Can you buy these new?  

We have a 1950's wood cookstove that was converted to an oil stove in the factory (similar to this: http://www.kijiji.ca/v-view-image.html?adId=1040092771&image=0&enableSearchNavigationFlag=true).  I found the exploded parts diagram for the drolet (http://www.drolet.ca/en/products/oil/yukon-oil-stove-cast-iron-door/parts) and the mechanism kind of looks the same - a carburetor attached to a pot burner.  The drolet might have some kind of nozzle burner though - I can't really tell (I'm certainly not an expert in these things!).  If it has a nozzle burner, that should be more efficient than our pot burner.

Ours is definitely not efficient (goes through about 2.5 gallons of stove oil per day on low).  The pot needs occasional cleaning (it gets clogged up with carbon deposits every few months and we only use it on the weekends).  We have a draft regulator on the chimney and it seems to burn clean (it smokes for about 5 min on startup).  We need to use actual stove oil (similar to kerosene) because diesel will clog the burner really fast.

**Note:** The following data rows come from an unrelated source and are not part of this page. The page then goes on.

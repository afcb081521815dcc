-- ===== src/Execution/Runtime/ReplayedResults.antt =====
-- Runs with a key after one that stored its result.
use agent_actum.Base.{
  String, text_eq, ◌≡◌, ◌≢◌, refl, sym, ap, ◌∙◌, subst, ◌⊎◌, inl, inr, true, false, none, some,
  arith,
}
use agent_actum.Model.Json.{JsonObject}
use agent_actum.Model.Exec.{Result, ok, err, ◌>>=◌, bind_ok, lift-eq-ok}
use agent_actum.Model.Host.{Host, short_text}
use agent_actum.Contracts.Models.{ActionIntent}
use agent_actum.Contracts.Registry.{RegisteredTool}
use agent_actum.Idempotency.Models.{IdempotencyRecord, IdempotencyClaim, is_completed, is_set}
use agent_actum.Idempotency.Memory.{InMemoryIdempotencyBackend, get_record, in_memory_backend}
use agent_actum.Idempotency.Memory.Runs.{Step, claims, completes, Step-keeps, claim_held}
use agent_actum.Execution.Models.{ExecutionResult}
use agent_actum.Execution.Runtime.Defs.{decode_execution_result, Handler, Run, append_event}
use agent_actum.Execution.Runtime.Stages.{claimed, claim_key, claim_from_backend, replay, execute}
use agent_actum.Execution.Runtime.Admission.{execute-receive, run_from}
use agent_actum.Execution.Runtime.AtMostOnce.{
  MemoryRuntime, MemoryWorld, on_memory, Runs, start, then_run,
}
use agent_actum.Execution.Runtime.Paths.{Rules, Everywhere}
use agent_actum.Execution.Runtime.Paths.Front.{receive-by}
use agent_actum.Execution.Runtime.Records.{execute-Keeps}
use agent_actum.Execution.Runtime.Triples.{Triple, Triple-Steps}
use agent_actum.Execution.Runtime.StoredRuns.{execute-stores}

module _ {L : Type 0} (h : Host) (key : String) where
  module _ (rec : IdempotencyRecord) (done : is_completed rec.status ≡ true)
      (set : is_set rec.result ≡ true) (rt : MemoryRuntime L) (r : ExecutionResult)
      (read : decode_execution_result rt rec.result ≡ ok r) where
    abbrev Held : InMemoryIdempotencyBackend → Type 0
    Held i = get_record key i ≡ some rec

    replay-eq :
        (run : Run) (w : MemoryWorld L) (c : IdempotencyClaim)
        → c.claimed ≡ rec
        → (replay h (on_memory h rt) run c w).0 ≡ ok r
    unfolding replay append_event ◌>>=◌
    replay-eq run w c same = rw (same, done, set) read

    -- A claim that is reached is answered with the stored result.
    claim_key-eq :
        (run : Run) (tool : RegisteredTool Handler) (w : MemoryWorld L)
        → Held w.idempotency
        → (claim_key h (on_memory h rt) run tool (some key) w).0 ≡ ok r
    unfolding claim_key in_memory_backend
    claim_key-eq run tool w held =
        let c : IdempotencyClaim = record { claimed = rec; acquired = false } in
        let first : claim_from_backend h (on_memory h rt) run key w ≡ (ok c, w) =
          ap (λ q. (q.0, record w { idempotency = q.1 }))
            (claim_held h key w.idempotency rec held) in
        ap (λ q. q.0)
          (bind_ok (claim_from_backend h (on_memory h rt) run key)
            (claimed h (on_memory h rt) run tool) w w c first)
        ∙ replay-eq run w c refl

    -- The stored result, or a failure of the run's own.
    abbrev pub ReplayOrFailure : ExecutionResult → Type 0
    ReplayOrFailure a = (a ≡ r) ⊎ (a.succeeded ≡ false)

    Replays-Rules :
        (run : Run)
        → Rules h
            (on_memory h rt)
            run
            (Triple h (on_memory h rt) run Held (λ a i. ReplayOrFailure a))
    Replays-Rules run = record {
      steps = Triple-Steps h (on_memory h rt) run Held (λ a i. ReplayOrFailure a);
      ends = λ n x b w t a held e. inr (b a (lift-eq-ok x w t a e)).1;
    }

    pub execute-replays :
        (a : ActionIntent) (ctx : JsonObject) (w t : MemoryWorld L) (s : ExecutionResult)
        → a.idempotency_key ≡ some key
        → Held w.idempotency
        → execute h (on_memory h rt) a ctx w ≡ (ok s, t)
        → ReplayOrFailure s
    execute-replays a ctx w t s given held e =
        let run = run_from h a ctx w.drawn in
        receive-by h (on_memory h rt) run _ (Replays-Rules run) 1
          (λ tool _.
            subst
              (λ k.
                Everywhere h (on_memory h rt) run
                  (Triple h (on_memory h rt) run Held (λ a i. ReplayOrFailure a)) 2
                  (claim_key h (on_memory h rt) run tool k))
              (sym given)
              (λ u v b kept f. inl (ground (arith, claim_key-eq run tool u kept, ap (λ q. q.0) f))))
          _ t s held (sym (execute-receive h (on_memory h rt) a ctx w) ∙ e)

module _ (h : Host) (key : String) (rec : IdempotencyRecord)
    (done : is_completed rec.status ≡ true) where
  pub Step-freezes :
      {s t : InMemoryIdempotencyBackend}
      → Step h s t
      → get_record key s ≡ some rec
      → get_record key t ≡ some rec
  Step-freezes {s} {t} step held =
      let (r, held', later) = Step-keeps h key rec step held in
      subst (λ q. get_record key t ≡ some q) (later.frozen done) held'

  Runs-freeze :
      {L : Type 0} {w u : MemoryWorld L}
      → Runs h w u
      → get_record key w.idempotency ≡ some rec
      → get_record key u.idempotency ≡ some rec
  unfolding in_memory_backend
  Runs-freeze start held = held
  Runs-freeze (then_run {u} rt a ctx runs) held =
      (execute-Keeps h (on_memory h rt) (λ i. get_record key i ≡ some rec)
          (λ k i. Step-freezes (claims k i))
          (λ k token reference result i. Step-freezes (completes k token reference result i)) a
          ctx).at
        u (Runs-freeze runs held)

-- How a later run ended: with the stored result or with a failure, if it returned.
abbrev pub Answer : {S : Type 0} → ExecutionResult → Result ExecutionResult × S → Type 0
Answer r (ok s, t) = (s ≡ r) ⊎ (s.succeeded ≡ false)
Answer r (err e, t) = Unit

pub Answer-intro :
    {S : Type 0} (r : ExecutionResult) (x : Result ExecutionResult × S)
    → ((s : ExecutionResult) (t : S) → x ≡ (ok s, t) → (s ≡ r) ⊎ (s.succeeded ≡ false))
    → Answer r x
Answer-intro r (ok s, t) k = k s t refl
Answer-intro r (err e, t) k = tt

-- Over the in-memory backend, where pydantic stores the key as it is: if a run with a key that had no
-- record has returned a result and claimed the key, then after any further runs, of any runtimes over
-- the same backend, a run with the key that gets as far as its claim, whatever its tool, arguments
-- and intent are, is answered with exactly that result, and one that returns has returned that
-- result or a failure; provided that the dump of the result is not null and that pydantic reads it
-- back.
pub replayed_result :
    {L : Type 0} (h : Host) (rt rt' : MemoryRuntime L) (a a' : ActionIntent) (ctx ctx' : JsonObject)
    (key : String) (w t : MemoryWorld L) {u : MemoryWorld L} (r : ExecutionResult) (run : Run)
    (tool : RegisteredTool Handler)
    → a.idempotency_key ≡ some key
    → a'.idempotency_key ≡ some key
    → h.accept short_text key ≡ some key
    → is_set (rt.model_dump r) ≡ true
    → decode_execution_result rt' (rt.model_dump r) ≡ ok r
    → get_record key w.idempotency ≡ none
    → execute h (on_memory h rt) a ctx w ≡ (ok r, t)
    → get_record key t.idempotency ≢ none
    → Runs h t u
    → ((claim_key h (on_memory h rt') run tool (some key) u).0 ≡ ok r)
      × Answer r (execute h (on_memory h rt') a' ctx' u)
replayed_result h rt rt' a a' ctx ctx' key w t {u} r run tool given given' accepted set read free e
      claimed runs =
    elim (execute-stores h key accepted rt a ctx w t r given free e) [
      | inl still_free ↦ absurd (claimed still_free)
      | inr (rec, held, done, stored) ↦
          let is_stored = subst (λ v. is_set v ≡ true) (sym stored) set in
          let reads = subst (λ v. decode_execution_result rt' v ≡ ok r) (sym stored) read in
          let kept = Runs-freeze h key rec done runs held in
          (
            claim_key-eq h key rec done is_stored rt' r reads run tool u kept,
            Answer-intro r _ λ s v f.
                execute-replays h key rec done is_stored rt' r reads a' ctx' u v s given' kept f,
          )
    ]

Overall, the heat is lower and gentler than our steel woodstove.  It's actually really nice to sit around on a mild, drizzly day.  Certainly a lot more expensive and a lot less environmentally friendly than wood.


----------



## begreen (Jan 18, 2015)

I dealt with the old kerosene pot burners and cabinet stoves a long time ago. They were a pain in the butt. Hopefully these are metered better.


----------



## Val (Jan 18, 2015)

Simonkenton said:


> I'll be damned, never heard of such a thing. An oil stove that looks like a wood stove. That green stove looks good.


Check out this site:

http://www.susitnaenergy.com/oilheaters.php


----------



## Val (Jan 18, 2015)

Cynnergy said:


> Can you buy these new?
> 
> We have a 1950's wood cookstove that was converted to an oil stove in the factory (similar to this: http://www.kijiji.ca/v-view-image.html?adId=1040092771&image=0&enableSearchNavigationFlag=true).  I found the exploded parts diagram for the drolet (http://www.drolet.ca/en/products/oil/yukon-oil-stove-cast-iron-door/parts) and the mechanism kind of looks the same - a carburetor attached to a pot burner.  The drolet might have some kind of nozzle burner though - I can't really tell (I'm certainly not an expert in these things!).  If it has a nozzle burner, that should be more efficient than our pot burner.
> 
> ...


Check out this site:
http://www.susitnaenergy.com/oilheaters.php


----------



## Cynnergy (Jan 18, 2015)

I don't know anything about the new ones you've linked to, but I'm guessing that a pellet stove would do everything you want and it would likely be cheaper and less messy to clean.  Oil soot is the worst for mess and disgustingness.  What sort of area are you looking to heat?  You might be able to fit in a nice woodstove that won't run you out of the house.


----------



## Ash (Jan 19, 2015)

We still have an old oil burning stove in our cabin and it works great, nice even heat.  Probably gets used about 25-30 days a year, the pot is still relatively clean and the carburetor has never clogged up. We use regular heating oil.


----------



## Val (Jan 19, 2015)

Cynnergy said:


> I don't know anything about the new ones you've linked to, but I'm guessing that a pellet stove would do everything you want and it would likely be cheaper and less messy to clean.  Oil soot is the worst for mess and disgustingness.  What sort of area are you looking to heat?  You might be able to fit in a nice woodstove that won't run you out of the house.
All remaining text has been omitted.